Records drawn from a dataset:

-- ===== src/Batch/Unique.antt =====
-- batch.py, `read_host_file`: what a host list that is accepted holds.
use relops_bootstrap.Prelude.{
  arith, ℕ, ◌≡◌, ◌≢◌, refl, sym, subst, ap, ◌⊎◌, inl, inr, Bool, true, false, not, ◌&&◌, Option,
  none, some, List, [], ◌∷◌, Text, text_eq, text_eq→eq, text_eq_refl, is_empty, All, if◌then◌else◌,
  Bool-cases, ◌==◌,
}
use relops_bootstrap.Effects.{ok}
use relops_bootstrap.Hostnames.{validate_short, IsWorkerName, validate_short-IsWorkerName}
use relops_bootstrap.Workflow.Capture.{split_lines}
use relops_bootstrap.Batch.Hosts.{
  host_name, add_line, scan_lines, is_in, unique, checked_hosts, read_host_file,
}

-- No text stands in the list twice.
abbrev pub distinct : List Text → Bool
distinct [] = true
distinct (h ∷ hs) = not (is_in h hs) && distinct hs

is_in-subst : (h k : Text) (l : List Text) → text_eq h k ≡ true → is_in k l ≡ is_in h l
is_in-subst h k l e = ap (λ x. is_in x l) (sym (text_eq→eq h k e))

-- What has been seen does not come again.
unique-unseen :
    (h : Text) (seen hosts : List Text) → is_in h seen ≡ true → is_in h (unique seen hosts) ≡ false
unfolding unique is_in
unique-unseen h seen [] e = refl
unique-unseen h seen (k ∷ hosts) e = elim (Bool-cases (is_in k seen)) [
  | inl old ↦ ground (arith, old, unique-unseen h seen hosts e)
  | inr new ↦ elim (Bool-cases (text_eq h k)) [
    | inl same ↦ ground (arith, same, new, e, is_in-subst h k seen same)
    | inr other ↦
        ground (arith, other, new, e, unique-unseen h (k ∷ seen) hosts (ground (arith, e)))
  ]
]

is_in-head : (h : Text) (l : List Text) → is_in h (h ∷ l) ≡ true
unfolding is_in
is_in-head h l = ground (arith, text_eq_refl h)

unique-distinct : (seen hosts : List Text) → distinct (unique seen hosts) ≡ true
unfolding unique
unique-distinct seen [] = refl
unique-distinct seen (h ∷ hosts) = elim (Bool-cases (is_in h seen)) [
  | inl old ↦ ground (arith, old, unique-distinct seen hosts)
  | inr new ↦ ground (
    arith,
    new,
    unique-distinct (h ∷ seen) hosts,
    unique-unseen h (h ∷ seen) hosts (is_in-head h seen),
  )
]

-- Nothing that has not been seen is lost.
pub unique-keeps :
    (h : Text) (seen hosts : List Text)
    → is_in h hosts ≡ true
    → is_in h seen ≡ false
    → is_in h (unique seen hosts) ≡ true
unfolding unique is_in
unique-keeps h seen [] e n = absurd (cc)
unique-keeps h seen (k ∷ hosts) e n = elim (Bool-cases (text_eq h k)) [
  | inl same ↦ ground (arith, same, n, is_in-subst h k seen same)
  | inr other ↦ elim (Bool-cases (is_in k seen)) [
    | inl old ↦ ground (arith, old, other, unique-keeps h seen hosts (ground (arith, e, other)) n)
    | inr new ↦ ground (
      arith,
      new,
      other,
      unique-keeps h (k ∷ seen) hosts (ground (arith, e, other)) (ground (arith, other, n)),
    )
  ]
]

-- The line names no host, or a host of the list.
abbrev pub IsListed : List Text → Text → Type 0
IsListed hosts line =
    (is_empty (host_name line) ≡ true)
    ⊎ ((host : Text) × (validate_short (host_name line) ≡ some host) × (is_in host hosts ≡ true))

IsListed-cons :
    (h : Text) (hosts : List Text) (line : Text) → IsListed hosts line → IsListed (h ∷ hosts) line
unfolding is_in
IsListed-cons h hosts line (inl e) = inl e
IsListed-cons h hosts line (inr (host, v, e)) = inr (host, v, ground (arith, e))

All-IsListed-cons :
    (h : Text) (hosts lines : List Text)
    → All (IsListed hosts) lines
    → All (IsListed (h ∷ hosts)) lines
All-IsListed-cons h hosts [] a = a
All-IsListed-cons h hosts (l ∷ ls) a =
    (IsListed-cons h hosts l a.0, All-IsListed-cons h hosts ls a.1)

-- What the scan of some lines has found, if it met no problem.
abbrev Scanned : List Text → List Text × ℕ → Type 0
Scanned lines r = r.1 ≡ 0 → All IsWorkerName r.0 × All (IsListed r.0) lines

add_line-Scanned :
    (line : Text) (lines : List Text) (o : Option Text) (r : List Text × ℕ)
    → validate_short (host_name line) ≡ o
    → Scanned lines r
    → Scanned (line ∷ lines) (add_line o r)
unfolding add_line
add_line-Scanned line lines none r v s = λ e. absurd (omega (arith, e))
add_line-Scanned line lines (some host) r v s = λ e.
    let (names, listed) = s e in
    (
      (validate_short-IsWorkerName (host_name line) host v, names),
      (inr (host, v, is_in-head host r.0), All-IsListed-cons host r.0 lines listed),
    )

Scanned-blank :
    (line : Text) (lines : List Text) (r : List Text × ℕ)
    → is_empty (host_name line) ≡ true
    → Scanned lines r
    → Scanned (line ∷ lines) r
Scanned-blank line lines r blank s = λ e. let (names, listed) = s e in (names, (inl blank, listed))

-- Whichever way a test goes.
if-cases :
    {A : Type 0} (P : A → Type 0) (b : Bool) (x y : A)
    → (b ≡ true → P x)
    → (b ≡ false → P y)
    → P (if b then x else y)
if-cases P true x y px py = px refl
if-cases P false x y px py = py refl

scan_lines-Scanned : (lines : List Text) → Scanned lines (scan_lines lines)
unfolding scan_lines
scan_lines-Scanned [] = λ e. (tt, tt)
scan_lines-Scanned (line ∷ lines) =
    if-cases (Scanned (line ∷ lines)) (is_empty (host_name line)) (scan_lines lines) _
      (λ blank. Scanned-blank line lines (scan_lines lines) blank (scan_lines-Scanned lines))
      (λ _. add_line-Scanned line lines _ (scan_lines lines) refl (scan_lines-Scanned lines))

unique-All : (P : Text → Type 0) (seen hosts : List Text) → All P hosts → All P (unique seen hosts)
unfolding unique
unique-All P seen [] a = a
unique-All P seen (h ∷ hosts) a =
    if-cases (All P) (is_in h seen) (unique seen hosts) (h ∷ unique (h ∷ seen) hosts)
      (λ _. unique-All P seen hosts a.1) (λ _. (a.0, unique-All P (h ∷ seen) hosts a.1))

unique-IsListed :
    (hosts lines : List Text) → All (IsListed hosts) lines → All (IsListed (unique [] hosts)) lines
unfolding is_in
unique-IsListed hosts [] a = a
unique-IsListed hosts (l ∷ ls) (inl e, a) = (inl e, unique-IsListed hosts ls a)
unique-IsListed hosts (l ∷ ls) (inr (h, v, e), a) =
    (inr (h, v, unique-keeps h [] hosts e refl), unique-IsListed hosts ls a)

unique-cons : (h : Text) (found : List Text) → unique [] (h ∷ found) ≢ []
unfolding unique is_in
unique-cons h found = λ e. cc

-- What a host list that is accepted holds.
abbrev pub IsHostList : Text → List Text → Type 0
IsHostList raw hosts =
    (hosts ≢ [])
    × (distinct hosts ≡ true)
    × All IsWorkerName hosts
    × All (IsListed hosts) (split_lines raw)

unique-IsHostList :
    (raw : Text) (h : Text) (found : List Text)
    → All IsWorkerName (h ∷ found) × All (IsListed (h ∷ found)) (split_lines raw)
    → IsHostList raw (unique [] (h ∷ found))
unique-IsHostList raw h found (names, listed) = (
  unique-cons h found,
  unique-distinct [] (h ∷ found),
  unique-All IsWorkerName [] (h ∷ found) names,
  unique-IsListed (h ∷ found) (split_lines raw) listed,
)

checked_hosts-IsHostList :
    (raw : Text) (found : List Text) (problems : ℕ) (hosts : List Text)
    → Scanned (split_lines raw) (found, problems)
    → checked_hosts found problems ≡ ok hosts
    → IsHostList raw hosts
unfolding checked_hosts
checked_hosts-IsHostList raw [] problems hosts s e = elim (Bool-cases (problems == 0)) [
  | inl z ↦ absurd (ground (arith, z, e))
  | inr n ↦ absurd (ground (arith, n, e))
]
checked_hosts-IsHostList raw (h ∷ found) problems hosts s e = elim (Bool-cases (problems == 0)) [
  | inl z ↦
      let same : unique [] (h ∷ found) ≡ hosts = ground (arith, z, e) in
      subst (IsHostList raw) same (unique-IsHostList raw h found (s (ground (arith, z))))
  | inr n ↦ absurd (ground (arith, n, e))
]

-- When `read_host_file` accepts a file, its list is not empty and names no host twice, each name in
-- it is a worker's, and each line of the file is blank or a comment, or names a host of the list.
pub read_host_file-IsHostList :
    (raw : Text) (hosts : List Text) → read_host_file (some raw) ≡ ok hosts → IsHostList raw hosts
unfolding read_host_file
read_host_file-IsHostList raw hosts e =
    checked_hosts-IsHostList raw _ _ hosts (scan_lines-Scanned (split_lines raw)) e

Prompt
Your answer is a single number: the count of lines in the records holding the string "Option".

Answer space
2